After several months in closed beta, available by invitation only, FriendFeed, a leading social service for aggregating your Web lifestream, opened up its doors to the general public tonight, and announced Series A financing of $5 million, including funds from Benchmark Capital and two of the company's co-founders, Paul Buchheit and Sanjeev Singh.
In the competitive social activities aggregation landscape, FriendFeed has stood out from the competition thanks to its origins, founded by a small group of former Googlers, its clean design, and its rapid adoption of new features, implemented in a way that benefit users.
While FriendFeed has been at times compared with the FaceBook news feed, FriendFeed offers not a dumping ground for application spam, but instead a new way to "discover and discuss information among friends," as FriendFeed co-founder Bret Taylor put it in a press release issued late tonight. In my several months of using FriendFeed, it's become a must-visit site multiple times a day, as the service not only streams my Web activity in one central location, but also that of my online peers, giving us the opportunity to comment and share new ideas and findings.

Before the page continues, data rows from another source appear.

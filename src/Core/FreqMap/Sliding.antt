-- ===== src/Core/FreqMap/Sliding.antt =====
-- src/core/UrlFreqMap.cpp: the map against the list of all the visits that it was ever given.
use contentv.Prelude.{
  ℕ, ◌≤◌, ◌<◌, ◌≡◌, refl, ap, subst, ◌∙◌, String, List, [], ◌∷◌, ◌++◌, arith, All, All-append,
  All-map_imp, drop_while,
}
use mathlib.Core.List.{append-nil, append_assoc}
use contentv.Prelude.Dict.{Dict}
use contentv.Core.Time.{Tp, is_expired}
use contentv.Core.Sorted.{IsSorted, live, push-live, snoc-IsSorted}
use contentv.Core.FreqMap.{
  UrlTpStat, UrlFreqMap, new, count_of, sub_count, cleanup, check_cleanup, insert_visits_pack,
}
use contentv.Core.FreqMap.Counts.{total, IsExact, new-IsExact, insert_visits_pack-IsExact}

abbrev pub tp_of : UrlTpStat → Tp
tp_of s = s.tp

-- The queue that `cleanup` leaves.
cleanup-drop_while :
    (window now : ℕ) (q : List UrlTpStat) (m : Dict ℕ)
    → (cleanup window now q m).0 ≡ drop_while (λ s. is_expired window now s.tp) q
unfolding cleanup
cleanup-drop_while window now [] m = refl
cleanup-drop_while window now (s ∷ q) m =
    ground (arith, cleanup-drop_while window now q (sub_count s m))

-- A call of `insertVisitsPack`.
pub record Push : Type 0 where
  pub pack : UrlTpStat
  pub now : Tp

pub run_push : UrlFreqMap → List Push → UrlFreqMap
run_push f [] = f
run_push f (p ∷ ps) = run_push (insert_visits_pack f p.pack p.now) ps

abbrev pub packs : List Push → List UrlTpStat
packs [] = []
packs (p ∷ ps) = p.pack ∷ packs ps

abbrev pub last_now : Tp → List Push → Tp
last_now now [] = now
last_now now (p ∷ ps) = last_now p.now ps

-- The calls are made at times that do not fall, with positive counts and visits in order of time.
abbrev pub InOrder : Tp → Tp → List Push → Type 0
InOrder now latest [] = Unit
InOrder now latest (p ∷ ps) =
    (now ≤ p.now) × (latest ≤ p.pack.tp) × (0 < p.pack.cnt) × InOrder p.now p.pack.tp ps

pub record Tracks (window : ℕ) (h : List UrlTpStat) (now latest : Tp) (f : UrlFreqMap)
    : Type 0 where
  pub length_ok : f.window ≡ window
  pub holds : f.uts_q ≡ live window now tp_of h
  pub ordered : IsSorted tp_of h
  pub past : All (λ (s : UrlTpStat). s.tp ≤ latest) h
  pub exact : IsExact f

module _ (window : ℕ) (h : List UrlTpStat) (now latest : Tp) (f : UrlFreqMap) (p : Push) where
  push-Tracks :
      now ≤ p.now
      → latest ≤ p.pack.tp
      → 0 < p.pack.cnt
      → Tracks window h now latest f
      → Tracks window (h ++ p.pack ∷ []) p.now p.pack.tp (insert_visits_pack f p.pack p.now)
  unfolding insert_visits_pack check_cleanup
  push-Tracks le later pos t = record {
    length_ok = t.length_ok;
    holds =
        cleanup-drop_while f.window p.now (f.uts_q ++ p.pack ∷ []) _
        ∙ rw (t.length_ok, t.holds) (push-live window now p.now tp_of h p.pack le t.ordered past');
    ordered = snoc-IsSorted tp_of h p.pack t.ordered past';
    past = All-append (λ (s : UrlTpStat). s.tp ≤ p.pack.tp) h (p.pack ∷ []) past' (omega arith);
    exact = insert_visits_pack-IsExact f p.pack p.now pos t.exact;
  }
    where
      past' : All (λ (s : UrlTpStat). s.tp ≤ p.pack.tp) h
      past' =
          All-map_imp (λ (s : UrlTpStat). s.tp ≤ latest) (λ s. s.tp ≤ p.pack.tp) h
            (λ x q. omega arith) t.past

run_push-Tracks :
    (window : ℕ) (h : List UrlTpStat) (now latest : Tp) (f : UrlFreqMap) (ps : List Push)
    → InOrder now latest ps
    → Tracks window h now latest f
    → (latest' : Tp) × Tracks window (h ++ packs ps) (last_now now ps) latest' (run_push f ps)
unfolding run_push
run_push-Tracks window h now latest f [] r t = (latest, rw append-nil t)
run_push-Tracks window h now latest f (p ∷ ps) r t =
    let rest =
      run_push-Tracks window (h ++ p.pack ∷ []) p.now p.pack.tp (insert_visits_pack f p.pack p.now)
        ps r.3 (push-Tracks window h now latest f p r.0 r.1 r.2 t) in
    (
      rest.0,
      subst
          (λ l.
            Tracks window l (last_now p.now ps) rest.0
              (run_push (insert_visits_pack f p.pack p.now) ps))
          (append_assoc h (p.pack ∷ []) (packs ps)) rest.1,
    )

-- Start from an empty map and call `insertVisitsPack` any number of times, with positive counts,
-- visits in order of time and clock readings that do not fall. Then the map's count of every url
-- is the sum of the counts, over all packs ever given, of its packs that are at most `window`
-- seconds old at the last call.
pub count-run_push :
    (window : ℕ) (now latest : Tp) (ps : List Push) (u : String)
    → InOrder now latest ps
    → count_of u (run_push (new window) ps).url_freq
      ≡ total u (live window (last_now now ps) tp_of (packs ps))
unfolding new
count-run_push window now latest ps u r =
    let t =
      (run_push-Tracks window [] now latest (new window) ps r (record {
        length_ok = refl;
        holds = refl;
        ordered = tt;
        past = tt;
        exact = new-IsExact window;
      })).1 in
    t.exact.exact u ∙ ap (total u) t.holds
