-- ===== src/Core/FreqMap/Merge.antt =====
-- src/core/UrlFreqMap.cpp: `merge`, `checkSortedAndDestroyQueue` and `getTopUrls`.
use contentv.Prelude.{
  ℕ, ◌+◌, ◌≤◌, ◌<◌, ◌≡◌, refl, String, List, [], ◌∷◌, true, ◌↔◌, arith, eq_iff, ltb, All,
  All-map_imp, Bool-cases, inl, inr,
}
use mathlib.Core.List.{Perm}
use contentv.Prelude.Dict.{Dict, find, IsUnique, insert-IsUnique}
use contentv.Prelude.Sort.{sort_by-perm, sort_by-IsDescending, IsDescending}
use contentv.Core.Sorted.{IsSorted}
use contentv.Core.FreqMap.{
  UrlTpStat, UrlFreqMap, UrlFreq, count_of, add_count, merge_counts, merge_queues, merge,
  none_before, check_sorted, get_top_urls,
}
use contentv.Core.FreqMap.Counts.{
  total, PositiveEntries, IsClean, IsExact, count_of-add_count, add_count-IsClean,
}
use contentv.Core.FreqMap.Sliding.{tp_of}

total-merge_queues :
    (u : String) (q₁ q₂ : List UrlTpStat) → total u (merge_queues q₁ q₂) ≡ total u q₁ + total u q₂
unfolding total merge_queues
total-merge_queues u [] q₂ = omega arith
total-merge_queues u (s ∷ q₁) [] = omega arith
total-merge_queues u (s ∷ q₁) (t ∷ q₂) = elim (Bool-cases (ltb s.tp t.tp)) [
  | inl e ↦ rw (e, merge_queues) (omega (arith, total-merge_queues u q₁ (t ∷ q₂)))
  | inr e ↦ rw (e, merge_queues) (omega (arith, total-merge_queues u (s ∷ q₁) q₂))
]

All-merge_queues :
    (P : UrlTpStat → Type 0) (q₁ q₂ : List UrlTpStat)
    → All P q₁
    → All P q₂
    → All P (merge_queues q₁ q₂)
unfolding merge_queues
All-merge_queues P [] q₂ h k = k
All-merge_queues P (s ∷ q₁) [] h k = h
All-merge_queues P (s ∷ q₁) (t ∷ q₂) h k = elim (Bool-cases (ltb s.tp t.tp)) [
  | inl e ↦ rw (e, merge_queues) (h.0, All-merge_queues P q₁ (t ∷ q₂) h.1 k)
  | inr e ↦ rw (e, merge_queues) (k.0, All-merge_queues P (s ∷ q₁) q₂ h k.1)
]

later_than :
    (s t : UrlTpStat) (q : List UrlTpStat)
    → s.tp ≤ t.tp
    → All (λ (x : UrlTpStat). t.tp ≤ x.tp) q
    → All (λ (x : UrlTpStat). s.tp ≤ x.tp) q
later_than s t q le =
    All-map_imp (λ (x : UrlTpStat). t.tp ≤ x.tp) (λ x. s.tp ≤ x.tp) q (λ x p. omega arith)

merge_queues-IsSorted :
    (q₁ q₂ : List UrlTpStat)
    → IsSorted tp_of q₁
    → IsSorted tp_of q₂
    → IsSorted tp_of (merge_queues q₁ q₂)
unfolding merge_queues
merge_queues-IsSorted [] q₂ h k = k
merge_queues-IsSorted (s ∷ q₁) [] h k = h
merge_queues-IsSorted (s ∷ q₁) (t ∷ q₂) h k = elim (Bool-cases (ltb s.tp t.tp)) [
  | inl e ↦
      rw (e, merge_queues)
        (
          All-merge_queues (λ x. s.tp ≤ x.tp) q₁ (t ∷ q₂) h.0
              (ground arith, later_than s t q₂ (ground arith) k.0),
          merge_queues-IsSorted q₁ (t ∷ q₂) h.1 k,
        )
  | inr e ↦
      rw (e, merge_queues)
        (
          All-merge_queues (λ x. t.tp ≤ x.tp) (s ∷ q₁) q₂
              (ground arith, later_than t s q₁ (ground arith) h.0) k.0,
          merge_queues-IsSorted (s ∷ q₁) q₂ h k.1,
        )
]

pub count_of-merge_counts :
    (u : String) (m a : Dict ℕ)
    → IsUnique a
    → count_of u (merge_counts m a) ≡ count_of u m + count_of u a
unfolding merge_counts count_of find
count_of-merge_counts u m [] h = ground arith
count_of-merge_counts u m ((v, c) ∷ a) h = ground (
  arith,
  eq_iff v u,
  count_of-add_count v u c m,
  count_of-merge_counts u (add_count v c m) a h.1,
  h.0,
)

pub merge_counts-IsUnique : (m a : Dict ℕ) → IsUnique m → IsUnique (merge_counts m a)
unfolding merge_counts add_count
merge_counts-IsUnique m [] u = u
merge_counts-IsUnique m ((v, c) ∷ a) u =
    merge_counts-IsUnique (add_count v c m) a (insert-IsUnique v _ m u)

merge_counts-IsClean : (m a : Dict ℕ) → IsClean m → PositiveEntries a → IsClean (merge_counts m a)
unfolding merge_counts
merge_counts-IsClean m [] c p = c
merge_counts-IsClean m ((v, n) ∷ a) c p =
    merge_counts-IsClean (add_count v n m) a (add_count-IsClean v n m p.0 c) p.1

-- Merging two exact maps whose queues are in order of time gives an exact map whose queue is in
-- order of time, and every url's count is the sum of its two counts.
pub merge-IsExact :
    (f a : UrlFreqMap)
    → IsExact f
    → IsExact a
    → IsSorted tp_of f.uts_q
    → IsSorted tp_of a.uts_q
    → IsExact (merge f a)
      × IsSorted tp_of (merge f a).uts_q
      × ((u : String)
          → count_of u (merge f a).url_freq ≡ count_of u f.url_freq + count_of u a.url_freq)
unfolding merge
merge-IsExact f a hf ha sf sa =
    let sum = λ (u : String). count_of-merge_counts u f.url_freq a.url_freq ha.clean.unique in
    (
      record {
        clean = merge_counts-IsClean f.url_freq a.url_freq hf.clean ha.clean.positive;
        counted = All-merge_queues (λ s. 0 < s.cnt) f.uts_q a.uts_q hf.counted ha.counted;
        exact =
            λ u. omega (arith, sum u, total-merge_queues u f.uts_q a.uts_q, hf.exact u, ha.exact u);
      },
      merge_queues-IsSorted f.uts_q a.uts_q sf sa,
      sum,
    )

none_before_iff :
    (prev : UrlTpStat) (q : List UrlTpStat)
    → ((none_before prev q).1 ≡ true) ↔ All (λ (s : UrlTpStat). prev.tp ≤ s.tp) q
unfolding none_before
none_before_iff prev [] = (λ h. tt, λ h. refl)
none_before_iff prev (cur ∷ q) = ground (arith, none_before_iff prev q)

-- On a non-empty queue `checkSortedAndDestroyQueue` answers true exactly when no element is
-- earlier than the first one: it compares every element with the first, not with its neighbour.
check_sorted_iff :
    (f : UrlFreqMap) (first : UrlTpStat) (rest : List UrlTpStat)
    → f.uts_q ≡ first ∷ rest
    → ((check_sorted f).1 ≡ true) ↔ All (λ (s : UrlTpStat). first.tp ≤ s.tp) rest
unfolding check_sorted
check_sorted_iff f first rest e = rw (e, check_sorted) (none_before_iff first rest)

-- `getTopUrls` lists exactly the entries of the map, the most visited first.
get_top_urls_lem :
    (f : UrlFreqMap)
    → Perm (get_top_urls f) f.url_freq × IsDescending (λ (e : UrlFreq). e.1) (get_top_urls f)
unfolding get_top_urls
get_top_urls_lem f = (sort_by-perm _ f.url_freq, sort_by-IsDescending _ f.url_freq)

The site has become such a big part of my Web activity, that just yesterday, I made FriendFeed.com my start page online. Also of interest, long-time FriendFeed holdout Robert Scoble finally jumped in to the service feet-first, following repeated prodding from me.
And the prodding hasn't just been focused at inviting new users. FriendFeed, over the last few months, has been overwhelmingly responsive to feedback, including my 10 suggestions for FriendFeed from last December. In just the last few weeks alone, FriendFeed added a new tabbed interface, opened a new company store for FriendFeed logo items, and added options to add items in a new window. They may seem like small details, but the company is constantly innovating.
With FriendFeed opening up tonight, we can expect the service to grow tremendously, kicking off the next wave of social networking services aimed not at posting busy profiles, but instead, aimed at collaboration, sharing and communication. We're excited to see FriendFeed grow, and look forward to their next stage.